(Stored items)
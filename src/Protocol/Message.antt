-- ===== src/Protocol/Message.antt =====
-- The frame header of `core/include/fsx/protocol/message.h`.
use computer_network_final_p.Base.{
  take, drop, if◌then◌else◌, ℕ, List, ◌∷◌, ◌++◌, not, ◌==◌, Result, ◌>>◌, throw_if,
}
use computer_network_final_p.Wire.{Endian, store, load, hton}

abbrev pub magic : ℕ
magic = 0x46535831

abbrev pub version : ℕ
version = 1

abbrev pub header_size : ℕ
header_size = 12

-- `enum class MsgType : uint8_t`. A byte that names no enumerator is still a `MsgType` in C++.
pub data MsgType : Type 0 where
  hello ping pong register_req register_resp login_req login_resp : MsgType
  online_list_req online_list_resp file_offer_req file_offer_resp file_accept_req : MsgType
  file_accept_resp file_chunk file_done file_result : MsgType
  admin_online_list_req admin_online_list_resp : MsgType
  other : ℕ → MsgType

-- `static_cast<uint8_t>(type)`.
unfoldable pub type_code : MsgType → ℕ
type_code hello = 1
type_code ping = 2
type_code pong = 3
type_code register_req = 10
type_code register_resp = 11
type_code login_req = 12
type_code login_resp = 13
type_code online_list_req = 20
type_code online_list_resp = 21
type_code file_offer_req = 30
type_code file_offer_resp = 31
type_code file_accept_req = 32
type_code file_accept_resp = 33
type_code file_chunk = 34
type_code file_done = 35
type_code file_result = 36
type_code admin_online_list_req = 100
type_code admin_online_list_resp = 101
type_code (other c) = c

-- The packed struct: its big-endian fields hold what the host reads as a number.
pub record MessageHeaderWire : Type 0 where
  pub magic_be : ℕ
  pub version_byte : ℕ
  pub type_byte : ℕ
  pub len_be : ℕ
  pub reserved_be : ℕ

unfoldable pub make_header : Endian → MsgType → ℕ → MessageHeaderWire
make_header h type len = record {
  magic_be = hton h 4 magic;
  version_byte = version;
  type_byte = type_code type;
  len_be = hton h 4 len;
  reserved_be = hton h 2 0;
}

unfoldable pub validate_header : Endian → MessageHeaderWire → Result (Unit {0})
validate_header h header = do
  throw_if (not (hton h 4 header.magic_be == magic)) "bad magic"
  throw_if (not (header.version_byte == version)) "bad version"

unfoldable pub payload_len : Endian → MessageHeaderWire → ℕ
payload_len h header = hton h 4 header.len_be

-- The twelve bytes of the struct in memory, and the struct that twelve bytes make.
unfoldable pub header_bytes : Endian → MessageHeaderWire → List ℕ
header_bytes h m =
    store h 4 m.magic_be
    ++ (m.version_byte ∷ m.type_byte ∷ (store h 4 m.len_be ++ store h 2 m.reserved_be))

unfoldable pub header_of : Endian → List ℕ → MessageHeaderWire
header_of h bytes = record {
  magic_be = load h (take 4 bytes);
  version_byte = load h (take 1 (drop 4 bytes));
  type_byte = load h (take 1 (drop 5 bytes));
  len_be = load h (take 4 (drop 6 bytes));
  reserved_be = load h (take 2 (drop 10 bytes));
}

-- `static_cast<MsgType>(header_.type)`, and the comparisons of it with each enumerator.
unfoldable pub type_of : ℕ → MsgType
type_of c =
    if c == 1
    then hello
    else if c == 2
    then ping
    else if c == 3
    then pong
    else if c == 10
    then register_req
    else if c == 11
    then register_resp
    else if c == 12
    then login_req
    else if c == 13
    then login_resp
    else if c == 20
    then online_list_req
    else if c == 21
    then online_list_resp
    else if c == 30
    then file_offer_req
    else if c == 31
    then file_offer_resp
    else if c == 32
    then file_accept_req
    else if c == 33
    then file_accept_resp
    else if c == 34
    then file_chunk
    else if c == 35
    then file_done
    else if c == 36
    then file_result
    else if c == 100
    then admin_online_list_req
    else if c == 101
    then admin_online_list_resp
    else other c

◆ Required action:
Give only the lines from the one holding "-- The frame" through the one holding "unfoldable pub make_header", each restated exactly as it appears above.

◆ Exercise result:
-- The frame header of `core/include/fsx/protocol/message.h`.
use computer_network_final_p.Base.{
  take, drop, if◌then◌else◌, ℕ, List, ◌∷◌, ◌++◌, not, ◌==◌, Result, ◌>>◌, throw_if,
}
use computer_network_final_p.Wire.{Endian, store, load, hton}

abbrev pub magic : ℕ
magic = 0x46535831

abbrev pub version : ℕ
version = 1

abbrev pub header_size : ℕ
header_size = 12

-- `enum class MsgType : uint8_t`. A byte that names no enumerator is still a `MsgType` in C++.
pub data MsgType : Type 0 where
  hello ping pong register_req register_resp login_req login_resp : MsgType
  online_list_req online_list_resp file_offer_req file_offer_resp file_accept_req : MsgType
  file_accept_resp file_chunk file_done file_result : MsgType
  admin_online_list_req admin_online_list_resp : MsgType
  other : ℕ → MsgType

-- `static_cast<uint8_t>(type)`.
unfoldable pub type_code : MsgType → ℕ
type_code hello = 1
type_code ping = 2
type_code pong = 3
type_code register_req = 10
type_code register_resp = 11
type_code login_req = 12
type_code login_resp = 13
type_code online_list_req = 20
type_code online_list_resp = 21
type_code file_offer_req = 30
type_code file_offer_resp = 31
type_code file_accept_req = 32
type_code file_accept_resp = 33
type_code file_chunk = 34
type_code file_done = 35
type_code file_result = 36
type_code admin_online_list_req = 100
type_code admin_online_list_resp = 101
type_code (other c) = c

-- The packed struct: its big-endian fields hold what the host reads as a number.
pub record MessageHeaderWire : Type 0 where
  pub magic_be : ℕ
  pub version_byte : ℕ
  pub type_byte : ℕ
  pub len_be : ℕ
  pub reserved_be : ℕ

unfoldable pub make_header : Endian → MsgType → ℕ → MessageHeaderWire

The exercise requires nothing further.